From the APA Convention, Post 1: Media and Sexuality

Yesterday I was in San Francisco attending the annual American Psychological Association conference.

I really enjoyed a symposium entitled New Research on the Effects of Viewing Objectified and Sexualized Body Images. Two talks stood out.

First, Dr. Sarah Murnen presented a paper entitled Do Fashion Magazines Promote Body Dissatisfaction in Girls and Women? In a meta-analysis (a way of grouping studies together to see the big trends in a literature) the answer appears to be yes (effect size = .209 for the psychologists reading). That is, women and girls who regularly expose themselves to the images of fashion models in these magazines internalize unrealistic, and potentially damaging, body ideals.

Later in the symposium, Sharon Lamb, author of the book Packaging Girlhood, spoke of how in the media childhood, particularly girlhood, is becoming sexualized. Girl models in the media are made to look like sexy adults and adult models are often dressed like little girls. The total effect is a sexualizing of childhood and innocence. Much of this can be read by downloading the report from the APA Task Force on the Sexualization of Girls. One disturbing trend they found: Apparently thong underwear is being made for young girls. (I think the APA report is very worthy of discussion in our churches.)

Dr. Lamb also made a point that intrigued me. She noted how the color pink, previously a color associated with girlhood innocence, has slowly been sexualized in our culture.

Pink shades into "Hot" Pink which shades into Red and culminates in Black (as in lace).

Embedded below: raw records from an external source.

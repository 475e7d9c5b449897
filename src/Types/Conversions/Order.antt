-- ===== src/Types/Conversions/Order.antt =====
-- Implicit conversions put one after the other: libsolidity/ast/Types.cpp.
use jules_solidity_pppascal.Common.{
  true, false, ℕ, ◌≡◌, arith, Bool, refl, ◌⊎◌, ◌≤◌, inr, inl, subst, sym, ◌||◌,
}
use jules_solidity_pppascal.Common.Int.{ℤ}
use jules_solidity_pppascal.Types.{
  ElementaryType, min_value, le_int, address_type, eq_bool, integer_type, fixed_point_type,
  enum_type, eq_elementary, max_integer_value, max_value, contract_type, min_integer_value,
  vite_token_id_type, bool_type, rational_type, fixed_bytes_type,
}
use jules_solidity_pppascal.Types.Conversions.{
  is_explicitly_convertible_to, integer_implicit, is_implicitly_convertible_to, fixed_implicit,
  explicit_of, fixed_explicit, contract_explicit,
}
use jules_solidity_pppascal.Types.Conversions.Ranges.{
  max_value_mono, eq_bool_self, integer_step, min_value_mono,
}

bytes_trans :
    (a : ℕ) (b c : ElementaryType)
    → is_implicitly_convertible_to (fixed_bytes_type a) b ≡ true
    → is_implicitly_convertible_to b c ≡ true
    → is_implicitly_convertible_to (fixed_bytes_type a) c ≡ true
unfolding is_implicitly_convertible_to
bytes_trans a b c h k = ground arith

le_int_trans : (a b c : ℤ) → le_int a b ≡ true → le_int b c ≡ true → le_int a c ≡ true
unfolding le_int
le_int_trans a b c h k = ground arith

-- A number type converts to a number type.
fixed_target :
    (bits digits : ℕ) (s : Bool) (b : ElementaryType)
    → fixed_implicit bits digits s b ≡ true
    → (bits' : ℕ) × (digits' : ℕ) × (s' : Bool) × (b ≡ fixed_point_type bits' digits' s')
unfolding fixed_implicit
fixed_target bits digits s (fixed_point_type bits' digits' s') h = (bits', digits', s', refl)
fixed_target bits digits s (address_type p) h = cc
fixed_target bits digits s vite_token_id_type h = cc
fixed_target bits digits s (rational_type n d r) h = cc
fixed_target bits digits s (fixed_bytes_type y) h = cc
fixed_target bits digits s bool_type h = cc
fixed_target bits digits s (contract_type e p u l) h = cc
fixed_target bits digits s (enum_type e m) h = cc
fixed_target bits digits s (integer_type x t) h = cc

integer_target :
    (bits : ℕ) (s : Bool) (b : ElementaryType)
    → integer_implicit bits s b ≡ true
    → ((bits' : ℕ) × (s' : Bool) × (b ≡ integer_type bits' s'))
      ⊎ ((bits' : ℕ) × (digits' : ℕ) × (s' : Bool) × (b ≡ fixed_point_type bits' digits' s'))
unfolding integer_implicit
integer_target bits s (fixed_point_type bits' digits' s') h = inr (bits', digits', s', refl)
integer_target bits s (integer_type bits' s') h = inl (bits', s', refl)
integer_target bits s (address_type p) h = cc
integer_target bits s vite_token_id_type h = cc
integer_target bits s (rational_type n d r) h = cc
integer_target bits s (fixed_bytes_type y) h = cc
integer_target bits s bool_type h = cc
integer_target bits s (contract_type e p u l) h = cc
integer_target bits s (enum_type e m) h = cc

fixed_step :
    (b₁ d₁ b₂ d₂ b₃ d₃ : ℕ) (s₁ s₂ s₃ : Bool)
    → fixed_implicit b₁ d₁ s₁ (fixed_point_type b₂ d₂ s₂) ≡ true
    → fixed_implicit b₂ d₂ s₂ (fixed_point_type b₃ d₃ s₃) ≡ true
    → fixed_implicit b₁ d₁ s₁ (fixed_point_type b₃ d₃ s₃) ≡ true
unfolding fixed_implicit
fixed_step b₁ d₁ b₂ d₂ b₃ d₃ s₁ s₂ s₃ h k = ground (
  arith,
  le_int_trans (max_integer_value b₁ d₁ s₁) (max_integer_value b₂ d₂ s₂)
      (max_integer_value b₃ d₃ s₃),
  le_int_trans (min_integer_value b₃ d₃ s₃) (min_integer_value b₂ d₂ s₂)
      (min_integer_value b₁ d₁ s₁),
)

integer_fixed_step :
    (b₁ b₂ d₂ b₃ d₃ : ℕ) (s₁ s₂ s₃ : Bool)
    → integer_implicit b₁ s₁ (fixed_point_type b₂ d₂ s₂) ≡ true
    → fixed_implicit b₂ d₂ s₂ (fixed_point_type b₃ d₃ s₃) ≡ true
    → integer_implicit b₁ s₁ (fixed_point_type b₃ d₃ s₃) ≡ true
unfolding fixed_implicit integer_implicit
integer_fixed_step b₁ b₂ d₂ b₃ d₃ s₁ s₂ s₃ h k = ground (
  arith,
  le_int_trans (max_value b₁ s₁) (max_integer_value b₂ d₂ s₂) (max_integer_value b₃ d₃ s₃),
  le_int_trans (min_integer_value b₃ d₃ s₃) (min_integer_value b₂ d₂ s₂) (min_value b₁ s₁),
)

widen_step :
    (b₁ b₂ b₃ d₃ : ℕ) (s s₃ : Bool)
    → b₁ ≤ b₂
    → integer_implicit b₂ s (fixed_point_type b₃ d₃ s₃) ≡ true
    → integer_implicit b₁ s (fixed_point_type b₃ d₃ s₃) ≡ true
unfolding integer_implicit
widen_step b₁ b₂ b₃ d₃ s s₃ wider h = ground (
  arith,
  max_value_mono b₁ b₂ s wider,
  min_value_mono b₁ b₂ s wider,
  le_int_trans (max_value b₁ s) (max_value b₂ s) (max_integer_value b₃ d₃ s₃),
  le_int_trans (min_integer_value b₃ d₃ s₃) (min_value b₂ s) (min_value b₁ s),
)

integer_chain :
    (b₁ b₂ b₃ : ℕ) (s₁ s₂ s₃ : Bool)
    → integer_implicit b₁ s₁ (integer_type b₂ s₂) ≡ true
    → integer_implicit b₂ s₂ (integer_type b₃ s₃) ≡ true
    → integer_implicit b₁ s₁ (integer_type b₃ s₃) ≡ true
unfolding integer_implicit eq_bool
integer_chain b₁ b₂ b₃ s₁ s₂ s₃ h k = ground arith

fixed_trans :
    (bits digits : ℕ) (s : Bool) (b c : ElementaryType)
    → fixed_implicit bits digits s b ≡ true
    → is_implicitly_convertible_to b c ≡ true
    → fixed_implicit bits digits s c ≡ true
unfolding is_implicitly_convertible_to
fixed_trans bits digits s b c h k =
    let (b₂, d₂, s₂, e) = fixed_target bits digits s b h in
    let h' : fixed_implicit bits digits s (fixed_point_type b₂ d₂ s₂) ≡ true =
      subst (λ t. fixed_implicit bits digits s t ≡ true) e h in
    let k' : fixed_implicit b₂ d₂ s₂ c ≡ true =
      subst (λ t. is_implicitly_convertible_to t c ≡ true) e k in
    let (b₃, d₃, s₃, e') = fixed_target b₂ d₂ s₂ c k' in
    subst (λ t. fixed_implicit bits digits s t ≡ true) (sym e')
      (fixed_step bits digits b₂ d₂ b₃ d₃ s s₂ s₃ h'
        (subst (λ t. fixed_implicit b₂ d₂ s₂ t ≡ true) e' k'))

integer_trans :
    (bits : ℕ) (s : Bool) (b c : ElementaryType)
    → integer_implicit bits s b ≡ true
    → is_implicitly_convertible_to b c ≡ true
    → integer_implicit bits s c ≡ true
unfolding is_implicitly_convertible_to
integer_trans bits s b c h k = elim (integer_target bits s b h) [
  | inr (b₂, d₂, s₂, e) ↦
      (let h' : integer_implicit bits s (fixed_point_type b₂ d₂ s₂) ≡ true =
          subst (λ t. integer_implicit bits s t ≡ true) e h in
        let k' : fixed_implicit b₂ d₂ s₂ c ≡ true =
          subst (λ t. is_implicitly_convertible_to t c ≡ true) e k in
        let (b₃, d₃, s₃, e') = fixed_target b₂ d₂ s₂ c k' in
        subst (λ t. integer_implicit bits s t ≡ true) (sym e')
          (integer_fixed_step bits b₂ d₂ b₃ d₃ s s₂ s₃ h'
            (subst (λ t. fixed_implicit b₂ d₂ s₂ t ≡ true) e' k')))
  | inl (b₂, s₂, e) ↦
      (let h' : integer_implicit bits s (integer_type b₂ s₂) ≡ true =
          subst (λ t. integer_implicit bits s t ≡ true) e h in
        let k' : integer_implicit b₂ s₂ c ≡ true =
          subst (λ t. is_implicitly_convertible_to t c ≡ true) e k in
        widened bits b₂ s s₂ c h' k' (integer_target b₂ s₂ c k'))
]
  where
    widened :
        (b₁ b₂ : ℕ) (s₁ s₂ : Bool) (c : ElementaryType)
        → integer_implicit b₁ s₁ (integer_type b₂ s₂) ≡ true
        → integer_implicit b₂ s₂ c ≡ true
        → ((b₃ : ℕ) × (s₃ : Bool) × (c ≡ integer_type b₃ s₃))
          ⊎ ((b₃ : ℕ) × (d₃ : ℕ) × (s₃ : Bool) × (c ≡ fixed_point_type b₃ d₃ s₃))
        → integer_implicit b₁ s₁ c ≡ true
    widened b₁ b₂ s₁ s₂ c h k (inl (b₃, s₃, e)) =
        subst (λ t. integer_implicit b₁ s₁ t ≡ true) (sym e)
          (integer_chain b₁ b₂ b₃ s₁ s₂ s₃ h (subst (λ t. integer_implicit b₂ s₂ t ≡ true) e k))
    widened b₁ b₂ s₁ s₂ c h k (inr (b₃, d₃, s₃, e)) =
        let (wider, same) = integer_step b₁ b₂ s₁ s₂ h in
        let k' = subst (λ t. integer_implicit b₂ s₂ t ≡ true) e k in
        subst (λ t. integer_implicit b₁ s₁ t ≡ true) (sym e)
          (widen_step b₁ b₂ b₃ d₃ s₁ s₃ wider
            (subst (λ t. integer_implicit b₂ t (fixed_point_type b₃ d₃ s₃) ≡ true) (sym same) k'))

integer_refl : (bits : ℕ) (s : Bool) → integer_implicit bits s (integer_type bits s) ≡ true
unfolding integer_implicit
integer_refl bits s = ground (arith, eq_bool_self s)

le_int_refl : (z : ℤ) → le_int z z ≡ true
unfolding le_int
le_int_refl z = ground arith

fixed_refl :
    (bits digits : ℕ) (s : Bool)
    → fixed_implicit bits digits s (fixed_point_type bits digits s) ≡ true
unfolding fixed_implicit
fixed_refl bits digits s = ground (
  arith,
  le_int_refl (max_integer_value bits digits s),
  le_int_refl (min_integer_value bits digits s),
)

-- Neither a literal nor a contract.
unfoldable pub is_plain : ElementaryType → Bool
is_plain (rational_type _ _ _) = false
is_plain (contract_type _ _ _ _) = false
is_plain _ = true

pub implicit_self :
    (a : ElementaryType) → is_plain a ≡ true → is_implicitly_convertible_to a a ≡ true
unfolding is_plain is_implicitly_convertible_to eq_elementary
implicit_self (address_type p) plain = ground arith
implicit_self vite_token_id_type plain = refl
implicit_self (integer_type bits s) plain = integer_refl bits s
implicit_self (rational_type n d r) plain = cc
implicit_self (fixed_point_type bits digits s) plain = fixed_refl bits digits s
implicit_self (fixed_bytes_type y) plain = ground arith
implicit_self bool_type plain = refl
implicit_self (contract_type e p u l) plain = cc
implicit_self (enum_type e m) plain = ground arith

-- Implicit conversions from a type that is neither that of a literal nor a contract: what converts in
-- two steps converts in one.
pub implicit_trans :
    (a b c : ElementaryType)
    → is_plain a ≡ true
    → is_implicitly_convertible_to a b ≡ true
    → is_implicitly_convertible_to b c ≡ true
    → is_implicitly_convertible_to a c ≡ true
unfolding is_plain is_implicitly_convertible_to eq_elementary
implicit_trans (address_type p) b c plain h k = ground arith
implicit_trans vite_token_id_type b c plain h k = ground arith
implicit_trans (integer_type bits s) b c plain h k = integer_trans bits s b c h k
implicit_trans (rational_type n d r) b c plain h k = cc
implicit_trans (fixed_point_type bits digits s) b c plain h k = fixed_trans bits digits s b c h k
implicit_trans (fixed_bytes_type y) b c plain h k = bytes_trans y b c h k
implicit_trans bool_type b c plain h k = ground arith
implicit_trans (contract_type e p u l) b c plain h k = cc
implicit_trans (enum_type e m) b c plain h k = ground arith

or_right : (x y : Bool) → y ≡ true → (x || y) ≡ true
or_right true y h = refl
or_right false y h = h

-- What converts implicitly also converts explicitly.
pub implicit-explicit :
    (a b : ElementaryType)
    → is_implicitly_convertible_to a b ≡ true
    → is_explicitly_convertible_to a b ≡ true
unfolding is_explicitly_convertible_to explicit_of is_implicitly_convertible_to fixed_explicit
implicit-explicit (address_type p) b h = ground arith
implicit-explicit vite_token_id_type b h = h
implicit-explicit (integer_type bits s) b h = ground arith
implicit-explicit (rational_type n d r) b h = ground arith
implicit-explicit (fixed_point_type bits digits s) b h =
    (let (b', d', s', e) = fixed_target bits digits s b h in
      subst (λ t. fixed_explicit t ≡ true) (sym e) refl)
implicit-explicit (fixed_bytes_type y) b h = ground arith
implicit-explicit bool_type b h = h
implicit-explicit (contract_type e p u l) b h = or_right (contract_explicit p u b) _ h
implicit-explicit (enum_type e m) b h = ground arith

For some reason, those color transitions struck me as being a moral commentary with a lesson. In Chrisitan iconography the transition is from White (Pure) to Black (Sin). But the transtion from Pink to Hot Pink seemed more subtle and insidious to me. It made me realize how subtle moral shifts are in our culture and in our own hearts. Maybe the moral transitions we most need to be aware of are not the discontinuous White-to-Black changes but the almost "innocent" transition from Pink-to-Hot Pink.